2. In a binary data matrix where columns represent character states and blocksizes for columns indicate the number of homologues represented by contiguous columns, zero's are parameters of a character state indicating a Pi=0 for finding that state in taxon i, unless all entries in a row within a block are zero; then a putative ancestral condition is indicated (= neither one of the states in the block is present in the ancestor). The zero condition is forced to be present at the root in the cladogram optimisation process, unless you clicked No for 'Ancestral state indicated by zero' in the CAFCA parameter dialog.
3. In true binary characters (with a blocksize equal to one !) the number of homologues is actually 1 under the condition that the ancestral state is indicated by zero, and 2 when it is not. In the latter case the zero's (0) in such a true binary character will, like the one's (1) be treated as indicating a group of terminal taxa (cladon), as they may represent an apomorpic state.

In the present example character 4, 5, and 10 show the first assumption in the multi-state image, and the second assumption in the binary image.

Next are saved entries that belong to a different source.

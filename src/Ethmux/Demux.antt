-- ===== src/Ethmux/Demux.antt =====
-- `demux`: what a packet of any sender leads to.
use mathlib.Core.Logic.{if_pos, if_neg}
use av3_fc.Base.Int.{ℤ, pos, negsuc}
use av3_fc.Base.{
  ℕ, zero, suc, ◌-◌, ◌^◌, ◌≤◌, ◌<◌, false, [], ◌∷◌, ◌≡◌, ◌≢◌, refl, arith, length, ap, ◌∙◌, All,
  length-drop,
}
use av3_fc.Base.Bytes.{Bytes}
use av3_fc.NetAddrs.{mpu_port}
use av3_fc.Ethmux.{
  Output, handled, sequenced_error, demuxed_arm, demuxed_rc, DemuxType, is_expected_length,
  format_sequenced_error, sequenced_receive, Channel, seq_mpu, Statics, statics, Read, demux,
  demux_bytes, dispatch, route, Route, sequenced, to_arm, to_rc, unknown, update, Channel-discrete,
}

-- `readsocketfromts` wrote `bytes` bytes, if any, into the static buffer of `ETH_MTU` bytes.
pub record IsRead (r : Read) : Type 0 where
  pub mtu : length r.buffer ≡ 1500
  pub in_buffer : (n : ℕ) → r.bytes ≡ pos n → n ≤ 1500

-- The numbers of the statics fit 32 bits, and their lengths, IDs and handlers are the initial ones.
pub record IsValid (s : Statics) : Type 0 where
  pub next_lt : (c : Channel) → (s c).next_sequence < 2 ^ 32
  pub length_is : (c : Channel) → (s c).data_length ≡ (statics c).data_length
  pub id_is : (c : Channel) → (s c).id ≡ (statics c).id
  pub handler_is : (c : Channel) → (s c).handler ≡ (statics c).handler

-- What is handed on lies in the buffer, behind the sequence number.
abbrev pub InBounds : Output → Type 0
InBounds (handled sender m) = m.data_length ≤ length m.body
InBounds (sequenced_error m) = m.data_length ≤ length m.body
InBounds (demuxed_arm buffer len timestamp) = len ≤ length buffer
InBounds (demuxed_rc buffer len timestamp) = len ≤ length buffer

sequenced_receive-InBounds :
    (port : ℕ) (buffer : Bytes) (len : ℕ) (timestamp : Bytes) (type : DemuxType)
    → len ≤ length buffer
    → All InBounds (sequenced_receive port buffer len timestamp type).1
unfolding sequenced_receive format_sequenced_error
sequenced_receive-InBounds port buffer len timestamp type h = ground (arith, length-drop 4 buffer)

dispatch-InBounds :
    (q : Route) (r : Read) (len : ℕ) (s : Statics)
    → len ≤ length r.buffer
    → All InBounds (dispatch q r len s).1
unfolding dispatch
dispatch-InBounds (sequenced c) r len s h =
    sequenced_receive-InBounds r.port r.buffer len r.timestamp (s c) h
dispatch-InBounds to_arm r len s h = (h, tt)
dispatch-InBounds to_rc r len s h = (h, tt)
dispatch-InBounds unknown r len s h = tt

demux_bytes-InBounds :
    (b : ℤ) (r : Read) (s : Statics)
    → ((n : ℕ) → b ≡ pos n → n ≤ length r.buffer)
    → All InBounds (demux_bytes b r s).1
unfolding demux_bytes
demux_bytes-InBounds (pos zero) r s h = tt
demux_bytes-InBounds (pos (suc n)) r s h =
    dispatch-InBounds (route r.port) r (suc n) s (h (suc n) refl)
demux_bytes-InBounds (negsuc n) r s h = tt

-- For a read that wrote at most 1,500 bytes into the buffer of 1,500 bytes, what `demux` hands
-- on, errors and raw commands included, lies in memory that it may read: no handler is given a
-- length that reaches past the buffer.
pub demux-InBounds : (r : Read) (s : Statics) → IsRead r → All InBounds (demux r s).1
unfolding demux
demux-InBounds r s h =
    demux_bytes-InBounds r.bytes r s (λ n e. omega (arith, h.in_buffer n e, h.mtu))

sequenced_receive_keeps :
    (port : ℕ) (buffer : Bytes) (len : ℕ) (timestamp : Bytes) (type : DemuxType)
    → type.next_sequence < 2 ^ 32
    → let t = (sequenced_receive port buffer len timestamp type).0 in
      (t.next_sequence < 2 ^ 32)
      × (t.data_length ≡ type.data_length)
      × (t.id ≡ type.id)
      × (t.handler ≡ type.handler)
unfolding sequenced_receive
sequenced_receive_keeps port buffer len timestamp type h = ground arith

-- An assignment read back.
module _ (s : Statics) (c d : Channel) (t : DemuxType) where
  pub update_same : c ≡ d → update s c t d ≡ t
  update_same e = if_pos (Channel-discrete c d) e t (s d)

  update_other : c ≢ d → update s c t d ≡ s d
  update_other e = if_neg (Channel-discrete c d) e t (s d)

update-IsValid :
    (s : Statics) (c : Channel) (t : DemuxType)
    → IsValid s
    → t.next_sequence < 2 ^ 32
    → t.data_length ≡ (s c).data_length
    → t.id ≡ (s c).id
    → t.handler ≡ (s c).handler
    → IsValid (update s c t)
update-IsValid s c t v lt e ei eh = record {
  next_lt = λ d. elim (Channel-discrete c d) [
    | yes same ↦ rw (update_same s c d t same) lt
    | no other ↦ rw (update_other s c d t other) (v.next_lt d)
  ];
  length_is = λ d. elim (Channel-discrete c d) [
    | yes same ↦
        rw (update_same s c d t same) (e ∙ v.length_is c ∙ ap (λ x. (statics x).data_length) same)
    | no other ↦ rw (update_other s c d t other) (v.length_is d)
  ];
  id_is = λ d. elim (Channel-discrete c d) [
    | yes same ↦ rw (update_same s c d t same) (ei ∙ v.id_is c ∙ ap (λ x. (statics x).id) same)
    | no other ↦ rw (update_other s c d t other) (v.id_is d)
  ];
  handler_is = λ d. elim (Channel-discrete c d) [
    | yes same ↦
        rw (update_same s c d t same) (eh ∙ v.handler_is c ∙ ap (λ x. (statics x).handler) same)
    | no other ↦ rw (update_other s c d t other) (v.handler_is d)
  ];
}

dispatch-IsValid :
    (q : Route) (r : Read) (len : ℕ) (s : Statics) → IsValid s → IsValid (dispatch q r len s).0
unfolding dispatch
dispatch-IsValid (sequenced c) r len s v =
    let keeps = sequenced_receive_keeps r.port r.buffer len r.timestamp (s c) (v.next_lt c) in
    update-IsValid s c _ v keeps.0 keeps.1 keeps.2 keeps.3
dispatch-IsValid to_arm r len s v = v
dispatch-IsValid to_rc r len s v = v
dispatch-IsValid unknown r len s v = v

-- A packet changes the record of its own sender alone.
dispatch_other :
    (q : Route) (r : Read) (len : ℕ) (s : Statics) (d : Channel)
    → q ≢ sequenced d
    → (dispatch q r len s).0 d ≡ s d
unfolding dispatch
dispatch_other (sequenced c) r len s d h = update_other s c d _ (λ (e : c ≡ d). h (ap sequenced e))
dispatch_other to_arm r len s d h = refl
dispatch_other to_rc r len s d h = refl
dispatch_other unknown r len s d h = refl

demux_bytes-IsValid : (b : ℤ) (r : Read) (s : Statics) → IsValid s → IsValid (demux_bytes b r s).0
unfolding demux_bytes
demux_bytes-IsValid (pos zero) r s v = v
demux_bytes-IsValid (pos (suc n)) r s v = dispatch-IsValid (route r.port) r (suc n) s v
demux_bytes-IsValid (negsuc n) r s v = v

pub demux_bytes_other :
    (b : ℤ) (r : Read) (s : Statics) (d : Channel)
    → route r.port ≢ sequenced d
    → (demux_bytes b r s).0 d ≡ s d
unfolding demux_bytes
demux_bytes_other (pos zero) r s d h = refl
demux_bytes_other (pos (suc n)) r s d h = dispatch_other (route r.port) r (suc n) s d h
demux_bytes_other (negsuc n) r s d h = refl

-- From valid statics every packet leaves valid ones (numbers below 2^32; lengths, IDs and
-- handlers unchanged), and leaves alone what belongs to the other senders.
pub demux-IsValid :
    (r : Read) (s : Statics)
    → IsValid s
    → IsValid (demux r s).0 × ((d : Channel) → route r.port ≢ sequenced d → (demux r s).0 d ≡ s d)
unfolding demux
demux-IsValid r s v = (demux_bytes-IsValid r.bytes r s v, demux_bytes_other r.bytes r s)

sequenced_receive_wrong :
    (port : ℕ) (buffer : Bytes) (len : ℕ) (timestamp : Bytes) (type : DemuxType)
    → is_expected_length type len ≡ false
    → sequenced_receive port buffer len timestamp type
      ≡ (type, format_sequenced_error port timestamp 0 0 ∷ [])
unfolding sequenced_receive
sequenced_receive_wrong port buffer len timestamp type h = ground arith

mpu_refused :
    (type : DemuxType) (len : ℕ)
    → type.data_length ≡ 2 ^ 16 - 1
    → len ≤ 1500
    → is_expected_length type len ≡ false
unfolding is_expected_length
mpu_refused type len e h = ground arith

demux_bytes_mpu :
    (n : ℕ) (r : Read) (s : Statics)
    → route r.port ≡ sequenced seq_mpu
    → suc n ≤ 1500
    → (s seq_mpu).data_length ≡ 2 ^ 16 - 1
    → (demux_bytes (pos (suc n)) r s).1 ≡ format_sequenced_error r.port r.timestamp 0 0 ∷ []
unfolding demux_bytes dispatch
demux_bytes_mpu n r s q h e = rw (
  q,
  sequenced_receive_wrong r.port r.buffer (suc n) r.timestamp (s seq_mpu)
      (mpu_refused (s seq_mpu) (suc n) e h),
)

route_mpu : (port : ℕ) → port ≡ mpu_port → route port ≡ sequenced seq_mpu
unfolding route
route_mpu port e = rw e

-- From valid statics no packet of the MPU is ever handed on: a read of at least one byte from its
-- port, into the buffer of 1,500 bytes, leads to exactly one sequence error with both numbers 0.
pub mpu_never_handled :
    (r : Read) (s : Statics) (n : ℕ)
    → IsRead r
    → IsValid s
    → r.port ≡ mpu_port
    → r.bytes ≡ pos (suc n)
    → (demux r s).1 ≡ format_sequenced_error mpu_port r.timestamp 0 0 ∷ []
unfolding demux
mpu_never_handled r s n i v p b =
    ap (λ k. (demux_bytes k r s).1) b
    ∙ demux_bytes_mpu n r s (route_mpu r.port p) (i.in_buffer (suc n) b)
        (unfold statics in v.length_is seq_mpu)
    ∙ ap (λ k. format_sequenced_error k r.timestamp 0 0 ∷ []) p

-- Every static is fed from one port: two ports that lead to it are the same.
pub route_injective :
    (p q : ℕ) (c : Channel) → route p ≡ sequenced c → route q ≡ sequenced c → p ≡ q
unfolding route
route_injective p q c h g = ground arith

The second assumption is also demonstrated by characters 1, 7, and 8, although a full-zero row is not present here. For the other characters 2, 3, 6, and 9 (without zero's) these assumptions do not obtain.

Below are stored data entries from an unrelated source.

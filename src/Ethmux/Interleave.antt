-- ===== src/Ethmux/Interleave.antt =====
-- `demux` over the packets of any senders, in any interleaving.
use av3_fc.Base.Int.{ℤ, pos, negsuc}
use av3_fc.Base.{
  ℕ, zero, suc, true, false, List, [], ◌∷◌, ◌++◌, ◌≡◌, ◌≢◌, refl, sym, arith, map, ap, ◌∙◌, ◌==◌,
  if◌then◌else◌, Bool-cases, inl, inr,
}
use mathlib.Core.List.{append-nil, append_assoc}
use av3_fc.Ethmux.{
  Output, DemuxType, Channel, sequenced, route, Statics, Read, demux, demux_bytes, dispatch,
  sequenced_receive,
}
use av3_fc.Ethmux.Demux.{route_injective, demux_bytes_other, update_same}
use av3_fc.Ethmux.Sequence.{Arrival, passed, receive_stream, deliveries}
use av3_fc.Ethmux.Accept.{accepted, unexpected, errors, fits, receive_stream-accepted}

-- The calls of `demux`, one for each read: the statics after them, and what each packet led to,
-- beside the port of its sender.
unfoldable pub demux_all : List Read → Statics → Statics × List (ℕ × List Output)
demux_all [] s = (s, [])
demux_all (r ∷ rs) s =
    let (t, outs) = demux r s in let (t', rest) = demux_all rs t in (t', (r.port, outs) ∷ rest)

-- What the packets of one port led to.
abbrev pub sent_for : ℕ → List (ℕ × List Output) → List Output
sent_for p [] = []
sent_for p ((q, outs) ∷ rest) = if q == p then outs ++ sent_for p rest else sent_for p rest

-- A read as a packet, if it has any bytes.
abbrev pub arrival : ℤ → Read → List Arrival
arrival (pos zero) r = []
arrival (pos (suc n)) r = record { buffer = r.buffer; len = suc n; timestamp = r.timestamp } ∷ []
arrival (negsuc n) r = []

-- The packets of one port, in order.
abbrev pub arrivals : ℕ → List Read → List Arrival
arrivals p [] = []
arrivals p (r ∷ rs) = if r.port == p then arrival r.bytes r ++ arrivals p rs else arrivals p rs

receive_stream-append :
    (port : ℕ) (as' bs : List Arrival) (type : DemuxType)
    → let first = receive_stream port as' type in
      let later = receive_stream port bs first.0 in
      receive_stream port (as' ++ bs) type ≡ (later.0, first.1 ++ later.1)
unfolding receive_stream
receive_stream-append port [] bs type = refl
receive_stream-append port (a ∷ as') bs type =
    let t = (sequenced_receive port a.buffer a.len a.timestamp type).0 in
    rw (receive_stream-append port as' bs t, append_assoc)

-- What the calls of `demux` do to the static that is fed from port `p`, and what they lead to for
-- that port.
module _ (p : ℕ) (c : Channel) (h : route p ≡ sequenced c) where
  AsStream : List Arrival → Statics → Statics × List Output → Type 0
  AsStream as' s out =
      let stream = receive_stream p as' (s c) in (out.0 c ≡ stream.0) × (out.1 ≡ stream.1)

  dispatch_stream :
      (r : Read) (s : Statics) (n : ℕ)
      → r.port ≡ p
      → AsStream (arrival (pos (suc n)) r) s (dispatch (sequenced c) r (suc n) s)
  unfolding dispatch receive_stream AsStream
  dispatch_stream r s n e = rw e (update_same s c c _ refl, sym (append-nil _))

  demux_bytes_stream :
      (r : Read) (s : Statics) → r.port ≡ p → (b : ℤ) → AsStream (arrival b r) s (demux_bytes b r s)
  unfolding demux_bytes receive_stream AsStream
  demux_bytes_stream r s e (pos zero) = (refl, refl)
  demux_bytes_stream r s e (pos (suc n)) =
      rw (ap route e ∙ h) (unfold AsStream in dispatch_stream r s n e)
  demux_bytes_stream r s e (negsuc n) = (refl, refl)

  Projects : List Read → Statics → Type 0
  Projects rs s =
      let stream = receive_stream p (arrivals p rs) (s c) in
      ((demux_all rs s).0 c ≡ stream.0) × (sent_for p (demux_all rs s).1 ≡ stream.1)

  Projects-own :
      (r : Read) (rs : List Read) (s : Statics)
      → (r.port == p) ≡ true
      → Projects rs (demux r s).0
      → Projects (r ∷ rs) s
  unfolding Projects demux_all demux AsStream
  Projects-own r rs s own (t, outs) =
      let (t1, outs1) = demux_bytes_stream r s (ground arith) r.bytes in
      rw (own, receive_stream-append, ← t1, ← outs1) (t, ap (◌++◌ _) outs)

  Projects-other :
      (r : Read) (rs : List Read) (s : Statics)
      → (r.port == p) ≡ false
      → Projects rs (demux r s).0
      → Projects (r ∷ rs) s
  unfolding Projects demux_all demux
  Projects-other r rs s other (t, outs) =
      let apart : route r.port ≢ sequenced c =
        λ q. absurd (ground (arith, route_injective r.port p c q h)) in
      let same = demux_bytes_other r.bytes r s c apart in rw (other, ← same) (t, outs)

  demux_all-Projects : (rs : List Read) (s : Statics) → Projects rs s
  unfolding Projects demux_all receive_stream
  demux_all-Projects [] s = (refl, refl)
  demux_all-Projects (r ∷ rs) s = elim (Bool-cases (r.port == p)) [
    | inl own ↦ Projects-own r rs s own (demux_all-Projects rs (demux r s).0)
    | inr other ↦ Projects-other r rs s other (demux_all-Projects rs (demux r s).0)
  ]

-- Packets of all senders, in any interleaving, and from any statics: for a port `p` that feeds a
-- static `c`, the static afterwards and all that was sent for the port are those that
-- `sequenced_receive` gives for the packets of that port alone, in their order. No packet of
-- another sender, whatever it is, changes either.
pub demux_all-receive_stream :
    (p : ℕ) (c : Channel) (rs : List Read) (s : Statics)
    → route p ≡ sequenced c
    → let stream = receive_stream p (arrivals p rs) (s c) in
      let out = demux_all rs s in (out.0 c ≡ stream.0) × (sent_for p out.1 ≡ stream.1)
unfolding Projects
demux_all-receive_stream p c rs s h = demux_all-Projects p c h rs s

-- Packets of all senders, in any interleaving, and from any statics: what is handed on for a port
-- `p` that feeds a static is, in order, its packets of the expected length whose number is not
-- below the one expected after the packet of that length before it, and each packet of `p` that
-- has another length, or another number than the one expected, gives exactly one sequence error.
pub demux_all-accepted :
    (p : ℕ) (c : Channel) (rs : List Read) (s : Statics)
    → route p ≡ sequenced c
    → let out = sent_for p (demux_all rs s).1 in
      (deliveries out
        ≡ map (passed (s c)) (accepted (fits (s c)) (s c).next_sequence (arrivals p rs)))
      × (errors out ≡ unexpected (fits (s c)) (s c).next_sequence (arrivals p rs))
demux_all-accepted p c rs s h =
    rw ((demux_all-receive_stream p c rs s h).1) (receive_stream-accepted p (arrivals p rs) (s c))
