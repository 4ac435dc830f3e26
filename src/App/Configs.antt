-- ===== src/App/Configs.antt =====
-- apps/gateway/app_main.cpp: `get_mote_system_configs`, whole. The service calls the callback once for
-- each request, with a reply or without.
pub mod Retrieved
use bm_sbc.Prelude.{
  ℕ, zero, suc, Bool, true, false, Option, some, List, [], ◌++◌, leb, if◌then◌else◌,
}
use bm_sbc.Platform.Files.{Files, FileOp, replay}
use bm_sbc.App.Requests.{service_timeout, wait_for_reply, got}
use bm_sbc.App.InitLog.{
  Paths, WriteCalls, Outcome, returned, thrown, MapReply, config_map_reply_cb, restore_backup, Copy,
}

-- The call of the callback: when, in milliseconds from the request, with what reply, and what the calls
-- in it return.
pub record Answer : Type 0 where
  pub after : ℕ
  pub calls : WriteCalls
  pub reply : Option MapReply

abbrev pub prepend : List FileOp → Outcome × List FileOp → Outcome × List FileOp
prepend front (outcome, ops) = (outcome, front ++ ops)

-- What follows on a callback: `wait_for_config_map_reply` sees the flag, or the loop goes on.
abbrev pub after_callback :
    ℕ → Outcome × List FileOp → Outcome × List FileOp → Outcome × List FileOp
after_callback after (returned true, ops) rest =
    if got (some after) (wait_for_reply service_timeout (some after))
    then (returned true, ops)
    else prepend ops rest
after_callback after (returned false, ops) rest = prepend ops rest
after_callback after (thrown, ops) rest = (thrown, ops)

-- The loop, with the requests that are left and the number of the next one.
pub configs_loop : Paths → List ℕ → (ℕ → Answer) → ℕ → ℕ → Outcome × List FileOp
configs_loop p app_name answers zero attempt = (returned false, [])
configs_loop p app_name answers (suc retries_remaining) attempt =
    let a = answers attempt in
    let rest = configs_loop p app_name answers retries_remaining (suc attempt) in
    if leb a.after service_timeout
    then after_callback a.after (config_map_reply_cb a.calls p app_name a.reply) rest
    else rest

abbrev pub without_result : List FileOp → Outcome × List FileOp → Outcome × List FileOp
without_result ops (returned restored, restore) = (returned false, ops ++ restore)
without_result ops (thrown, restore) = (thrown, ops ++ restore)

abbrev pub or_restore : Copy → Paths → Files → Outcome × List FileOp → Outcome × List FileOp
or_restore copies p fs (returned true, ops) = (returned true, ops)
or_restore copies p fs (returned false, ops) =
    without_result ops (restore_backup copies p (replay ops fs))
or_restore copies p fs (thrown, ops) = (thrown, ops)

-- `get_mote_system_configs`: whether `config_map_received` is set at the end, and what is done to the
-- files. `copies` is of `restore_backup`.
pub get_mote_system_configs : Paths → List ℕ → (ℕ → Answer) → Copy → Files → Outcome × List FileOp
unfolding configs_loop
get_mote_system_configs p app_name answers copies fs =
    or_restore copies p fs (configs_loop p app_name answers 5 0)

Full-zero columns in either a multi-state or a binary data matrix will pass the analysis as dummy's, i.e., they do not influence any of the results in any way. As a weight option is not yet implemented in CAFCA, this characteristic gives you a provisional opportunity to run different analyses on different selections of characters by substituting zero's for some of the characters, without the need of changing the size of the data matrix and thereby the index numbers of the characters. When you use the Clip data matrix option in the Utilities menu or during the preparation of a (primary) analysis, this is what happens with columns that are marked for deletion by you.

Missing values are allowed and must be indicated by a negative integer. For a binary data matrix this implies that missing values are represented by -1. In a multi-state data matrix either -1 or any other negative integer can be used. In the binary image of a multi-state data matrix negative integers show up as -1 in the appropriate column in the respective block. In a multi-state data matrix it is allowed to indicate a missing value for one taxon by, say, -2, and another missing value in the same character but for another taxon by, say -4, suggesting that these states are not alike, although unknown.

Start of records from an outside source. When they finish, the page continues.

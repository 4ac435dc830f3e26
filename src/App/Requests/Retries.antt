-- ===== src/App/Requests/Retries.antt =====
-- The waits and the repeated requests of apps/gateway/app_main.cpp end.
use bm_sbc.Prelude.{
  ℕ, zero, suc, ◌+◌, ◌-◌, ◌*◌, ◌/◌, ◌≤◌, ◌<◌, ◌≡◌, ◌⊎◌, refl, ap, ◌∙◌, Bool, true, false, not,
  Option, none, some, ltb, leb, ◌&&◌, ◌||◌, Bool-cases, inl, inr, arith,
}
use bm_sbc.App.Requests.{arrived, wait_loop, wait_for_reply, got}

-- The wait ends: at the first poll, every 20 ms, that finds the flag set, or at the first from the
-- timeout on.
pub record Waits (timeout start : ℕ) (reply : Option ℕ) (outcome : Option ℕ) : Type 0 where
  pub waited : ℕ
  pub returns : outcome ≡ some waited
  pub polls : ℕ
  pub waited_is : waited ≡ start + 20 * polls
  pub ends : (arrived reply waited || leb timeout waited) ≡ true
  pub fresh : (polls ≡ 0) ⊎ ((arrived reply (waited - 20) ≡ false) × (waited < timeout + 20))

earlier :
    (timeout start : ℕ) (reply : Option ℕ) (outcome : Option ℕ)
    → start < timeout
    → arrived reply start ≡ false
    → Waits timeout (start + 20) reply outcome
    → Waits timeout start reply outcome
earlier timeout start reply outcome lt waits w = record {
  waited = w.waited;
  returns = w.returns;
  polls = suc w.polls;
  waited_is = omega (arith, w.waited_is);
  ends = w.ends;
  fresh = elim w.fresh [
    | inl first ↦ inr (
      ap (arrived reply) {x = w.waited - 20} {y = start} (omega (arith, w.waited_is, first))
          ∙ waits,
      omega (arith, w.waited_is, first),
    )
    | inr later ↦ inr later
  ];
}

wait_loop-Waits :
    (fuel timeout start : ℕ) (reply : Option ℕ)
    → timeout - start < fuel
    → Waits timeout start reply (wait_loop fuel timeout reply start)
unfolding wait_loop
wait_loop-Waits zero timeout start reply enough = elim enough [ ]
wait_loop-Waits (suc fuel) timeout start reply enough =
    elim (Bool-cases (not (arrived reply start) && ltb start timeout)) [
      | inl more ↦ rw more (
          earlier timeout start reply (wait_loop fuel timeout reply (start + 20)) (ground arith)
            (ground arith) (wait_loop-Waits fuel timeout (start + 20) reply (ground arith)))
      | inr done ↦ rw done (record {
        waited = start;
        returns = refl;
        polls = 0;
        waited_is = omega arith;
        ends = ground arith;
        fresh = inl refl;
      })
    ]

-- The reply comes within the timeout.
abbrev pub InTime : ℕ → Option ℕ → Type 0
InTime timeout reply = arrived reply timeout ≡ true

-- What the last poll knows, the timeout knows.
arrived_by :
    (timeout waited : ℕ) (reply : Option ℕ)
    → (arrived reply waited || leb timeout waited) ≡ true
    → waited ≤ timeout
    → arrived reply waited ≡ arrived reply timeout
arrived_by timeout waited none ends le = refl
arrived_by timeout waited (some at) ends le = ground arith

pub got_lem :
    (timeout : ℕ) (reply : Option ℕ)
    → 20 * (timeout / 20) ≡ timeout
    → got reply (wait_for_reply timeout reply) ≡ arrived reply timeout
got_lem timeout reply whole =
    let w = wait_loop-Waits (timeout + 1) timeout 0 reply (omega arith) in
    ap (got reply) w.returns
    ∙ arrived_by timeout w.waited reply w.ends (omega (arith, w.waited_is, w.fresh))

-- How the repeated request ends: with the reply to the first request that has one in time, and no
-- further request; or, if none has, after all of them.
pub data Asked (retries timeout attempt : ℕ) (replies : ℕ → Option ℕ) (r : Bool × ℕ) : Type 0 where
  answered :
      (k : ℕ)
      → k < retries
      → arrived (replies (attempt + k)) timeout ≡ true
      → ((j : ℕ) → j < k → arrived (replies (attempt + j)) timeout ≡ false)
      → r ≡ (true, suc k)
      → Asked retries timeout attempt replies r
  unanswered :
      ((j : ℕ) → j < retries → arrived (replies (attempt + j)) timeout ≡ false)
      → r ≡ (false, retries)
      → Asked retries timeout attempt replies r

module _ (timeout attempt : ℕ) (replies : ℕ → Option ℕ) where
  abbrev at : ℕ → Bool
  at k = arrived (replies k) timeout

For identical indicators of missing values for several taxa, say, three taxa all showing a -2, all possible combinations of these taxa with the taxa showing known states with value 2 will be used in the derivation of building-blocks for cladograms. This is likewise true for taxa showing -1 with those showing 1 as a known state, those showing -3 with those showing 3, etc... This procedure implies that a data matrix with one column indicating identical missing values (e.g., -1) for all taxa will result in all cladograms possible given the number of taxa (the default is 6 taxa, implying 945 cladograms; you can indicate otherwise in the CAFCA parameter dialog. The maximum number possible is 12, although using it is quite absurd when you realise the number of cladograms (13.749.310.575) that are implied by this number. You may tie up CAFCA for years.

Thus if you know nothing, i.e., you have no data on your taxa, all possible outcomes are equally likely and will be presented (within limits).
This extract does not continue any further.